* _Assigned task_
Each entry below should be printed exactly as given.

* _Data shown_
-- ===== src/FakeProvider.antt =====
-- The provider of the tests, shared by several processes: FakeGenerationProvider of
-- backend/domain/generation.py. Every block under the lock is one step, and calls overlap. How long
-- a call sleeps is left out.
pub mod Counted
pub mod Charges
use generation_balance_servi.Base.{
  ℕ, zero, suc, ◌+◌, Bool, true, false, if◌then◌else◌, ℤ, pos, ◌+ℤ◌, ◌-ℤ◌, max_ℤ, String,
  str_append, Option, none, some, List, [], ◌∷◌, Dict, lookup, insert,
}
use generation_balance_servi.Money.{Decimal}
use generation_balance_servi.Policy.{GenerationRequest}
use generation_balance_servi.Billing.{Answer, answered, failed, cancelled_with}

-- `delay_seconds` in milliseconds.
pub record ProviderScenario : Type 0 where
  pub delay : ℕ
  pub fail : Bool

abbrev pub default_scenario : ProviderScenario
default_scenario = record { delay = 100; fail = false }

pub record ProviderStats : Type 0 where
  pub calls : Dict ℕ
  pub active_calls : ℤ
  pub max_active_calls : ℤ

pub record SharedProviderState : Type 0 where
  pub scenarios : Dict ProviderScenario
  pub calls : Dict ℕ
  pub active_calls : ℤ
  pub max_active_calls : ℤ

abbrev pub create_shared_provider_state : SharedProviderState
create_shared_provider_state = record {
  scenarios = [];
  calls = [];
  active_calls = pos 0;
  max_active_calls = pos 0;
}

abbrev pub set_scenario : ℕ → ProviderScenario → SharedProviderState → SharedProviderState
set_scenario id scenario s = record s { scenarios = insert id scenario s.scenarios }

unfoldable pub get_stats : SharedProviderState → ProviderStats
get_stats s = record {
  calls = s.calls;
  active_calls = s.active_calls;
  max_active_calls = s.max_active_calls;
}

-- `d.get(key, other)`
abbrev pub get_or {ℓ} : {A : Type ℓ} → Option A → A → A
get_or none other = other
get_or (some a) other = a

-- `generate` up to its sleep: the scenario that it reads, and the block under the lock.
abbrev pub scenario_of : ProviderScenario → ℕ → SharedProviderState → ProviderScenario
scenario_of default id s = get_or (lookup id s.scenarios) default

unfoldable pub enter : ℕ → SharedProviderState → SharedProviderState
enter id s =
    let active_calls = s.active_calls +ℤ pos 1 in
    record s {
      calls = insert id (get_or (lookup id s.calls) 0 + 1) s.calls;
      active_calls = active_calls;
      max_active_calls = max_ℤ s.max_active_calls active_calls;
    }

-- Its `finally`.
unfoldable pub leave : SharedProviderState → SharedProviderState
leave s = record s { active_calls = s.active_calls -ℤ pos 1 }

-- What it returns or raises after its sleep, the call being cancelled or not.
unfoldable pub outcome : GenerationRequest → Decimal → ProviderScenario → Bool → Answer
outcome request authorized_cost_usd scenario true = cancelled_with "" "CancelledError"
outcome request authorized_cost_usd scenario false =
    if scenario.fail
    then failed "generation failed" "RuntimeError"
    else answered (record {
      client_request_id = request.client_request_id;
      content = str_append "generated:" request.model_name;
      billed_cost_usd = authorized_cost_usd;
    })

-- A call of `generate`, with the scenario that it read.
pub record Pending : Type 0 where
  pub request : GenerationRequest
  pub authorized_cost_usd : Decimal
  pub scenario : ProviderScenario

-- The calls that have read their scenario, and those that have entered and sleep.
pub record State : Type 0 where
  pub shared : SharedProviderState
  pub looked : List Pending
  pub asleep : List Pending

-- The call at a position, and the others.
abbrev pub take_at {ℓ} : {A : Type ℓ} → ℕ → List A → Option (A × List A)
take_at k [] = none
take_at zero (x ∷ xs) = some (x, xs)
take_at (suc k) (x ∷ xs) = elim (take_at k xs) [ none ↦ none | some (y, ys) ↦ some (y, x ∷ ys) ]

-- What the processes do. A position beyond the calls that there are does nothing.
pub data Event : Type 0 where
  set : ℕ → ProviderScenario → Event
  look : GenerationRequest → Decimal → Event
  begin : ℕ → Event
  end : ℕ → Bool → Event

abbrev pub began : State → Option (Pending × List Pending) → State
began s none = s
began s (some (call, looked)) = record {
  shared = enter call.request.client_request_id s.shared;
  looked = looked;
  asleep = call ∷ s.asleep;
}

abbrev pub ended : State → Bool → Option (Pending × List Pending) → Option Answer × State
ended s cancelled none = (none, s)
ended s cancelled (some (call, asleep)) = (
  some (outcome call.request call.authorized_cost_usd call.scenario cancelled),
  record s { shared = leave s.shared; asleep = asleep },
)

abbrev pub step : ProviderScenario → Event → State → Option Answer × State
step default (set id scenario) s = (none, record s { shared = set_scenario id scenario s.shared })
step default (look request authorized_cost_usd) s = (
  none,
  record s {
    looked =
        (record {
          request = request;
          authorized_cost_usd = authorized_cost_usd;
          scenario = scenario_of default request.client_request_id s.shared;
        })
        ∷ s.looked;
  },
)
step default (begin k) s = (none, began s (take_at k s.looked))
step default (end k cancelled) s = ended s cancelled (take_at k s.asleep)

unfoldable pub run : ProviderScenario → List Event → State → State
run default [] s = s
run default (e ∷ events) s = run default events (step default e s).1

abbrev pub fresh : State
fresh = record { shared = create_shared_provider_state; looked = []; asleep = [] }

* _Output for this task_
-- ===== src/FakeProvider.antt =====
-- The provider of the tests, shared by several processes: FakeGenerationProvider of
-- backend/domain/generation.py. Every block under the lock is one step, and calls overlap. How long
-- a call sleeps is left out.
pub mod Counted
pub mod Charges
use generation_balance_servi.Base.{
  ℕ, zero, suc, ◌+◌, Bool, true, false, if◌then◌else◌, ℤ, pos, ◌+ℤ◌, ◌-ℤ◌, max_ℤ, String,
  str_append, Option, none, some, List, [], ◌∷◌, Dict, lookup, insert,
}
use generation_balance_servi.Money.{Decimal}
use generation_balance_servi.Policy.{GenerationRequest}
use generation_balance_servi.Billing.{Answer, answered, failed, cancelled_with}

-- `delay_seconds` in milliseconds.
pub record ProviderScenario : Type 0 where
  pub delay : ℕ
  pub fail : Bool

abbrev pub default_scenario : ProviderScenario
default_scenario = record { delay = 100; fail = false }

pub record ProviderStats : Type 0 where
  pub calls : Dict ℕ
  pub active_calls : ℤ
  pub max_active_calls : ℤ

pub record SharedProviderState : Type 0 where
  pub scenarios : Dict ProviderScenario
  pub calls : Dict ℕ
  pub active_calls : ℤ
  pub max_active_calls : ℤ

abbrev pub create_shared_provider_state : SharedProviderState
create_shared_provider_state = record {
  scenarios = [];
  calls = [];
  active_calls = pos 0;
  max_active_calls = pos 0;
}

abbrev pub set_scenario : ℕ → ProviderScenario → SharedProviderState → SharedProviderState
set_scenario id scenario s = record s { scenarios = insert id scenario s.scenarios }

unfoldable pub get_stats : SharedProviderState → ProviderStats
get_stats s = record {
  calls = s.calls;
  active_calls = s.active_calls;
  max_active_calls = s.max_active_calls;
}

-- `d.get(key, other)`
abbrev pub get_or {ℓ} : {A : Type ℓ} → Option A → A → A
get_or none other = other
get_or (some a) other = a

-- `generate` up to its sleep: the scenario that it reads, and the block under the lock.
abbrev pub scenario_of : ProviderScenario → ℕ → SharedProviderState → ProviderScenario
scenario_of default id s = get_or (lookup id s.scenarios) default

unfoldable pub enter : ℕ → SharedProviderState → SharedProviderState
enter id s =
    let active_calls = s.active_calls +ℤ pos 1 in
    record s {
      calls = insert id (get_or (lookup id s.calls) 0 + 1) s.calls;
      active_calls = active_calls;
      max_active_calls = max_ℤ s.max_active_calls active_calls;
    }

-- Its `finally`.
unfoldable pub leave : SharedProviderState → SharedProviderState
leave s = record s { active_calls = s.active_calls -ℤ pos 1 }

-- What it returns or raises after its sleep, the call being cancelled or not.
unfoldable pub outcome : GenerationRequest → Decimal → ProviderScenario → Bool → Answer
outcome request authorized_cost_usd scenario true = cancelled_with "" "CancelledError"
outcome request authorized_cost_usd scenario false =
    if scenario.fail
    then failed "generation failed" "RuntimeError"
    else answered (record {
      client_request_id = request.client_request_id;
      content = str_append "generated:" request.model_name;
      billed_cost_usd = authorized_cost_usd;
    })

-- A call of `generate`, with the scenario that it read.
pub record Pending : Type 0 where
  pub request : GenerationRequest
  pub authorized_cost_usd : Decimal
  pub scenario : ProviderScenario

-- The calls that have read their scenario, and those that have entered and sleep.
pub record State : Type 0 where
  pub shared : SharedProviderState
  pub looked : List Pending
  pub asleep : List Pending

-- The call at a position, and the others.
abbrev pub take_at {ℓ} : {A : Type ℓ} → ℕ → List A → Option (A × List A)
take_at k [] = none
take_at zero (x ∷ xs) = some (x, xs)
take_at (suc k) (x ∷ xs) = elim (take_at k xs) [ none ↦ none | some (y, ys) ↦ some (y, x ∷ ys) ]

-- What the processes do. A position beyond the calls that there are does nothing.
pub data Event : Type 0 where
  set : ℕ → ProviderScenario → Event
  look : GenerationRequest → Decimal → Event
  begin : ℕ → Event
  end : ℕ → Bool → Event

abbrev pub began : State → Option (Pending × List Pending) → State
began s none = s
began s (some (call, looked)) = record {
  shared = enter call.request.client_request_id s.shared;
  looked = looked;
  asleep = call ∷ s.asleep;
}

abbrev pub ended : State → Bool → Option (Pending × List Pending) → Option Answer × State
ended s cancelled none = (none, s)
ended s cancelled (some (call, asleep)) = (
  some (outcome call.request call.authorized_cost_usd call.scenario cancelled),
  record s { shared = leave s.shared; asleep = asleep },
)

abbrev pub step : ProviderScenario → Event → State → Option Answer × State
step default (set id scenario) s = (none, record s { shared = set_scenario id scenario s.shared })
step default (look request authorized_cost_usd) s = (
  none,
  record s {
    looked =
        (record {
          request = request;
          authorized_cost_usd = authorized_cost_usd;
          scenario = scenario_of default request.client_request_id s.shared;
        })
        ∷ s.looked;
  },
)
step default (begin k) s = (none, began s (take_at k s.looked))
step default (end k cancelled) s = ended s cancelled (take_at k s.asleep)

unfoldable pub run : ProviderScenario → List Event → State → State
run default [] s = s
run default (e ∷ events) s = run default events (step default e s).1

abbrev pub fresh : State
fresh = record { shared = create_shared_provider_state; looked = []; asleep = [] }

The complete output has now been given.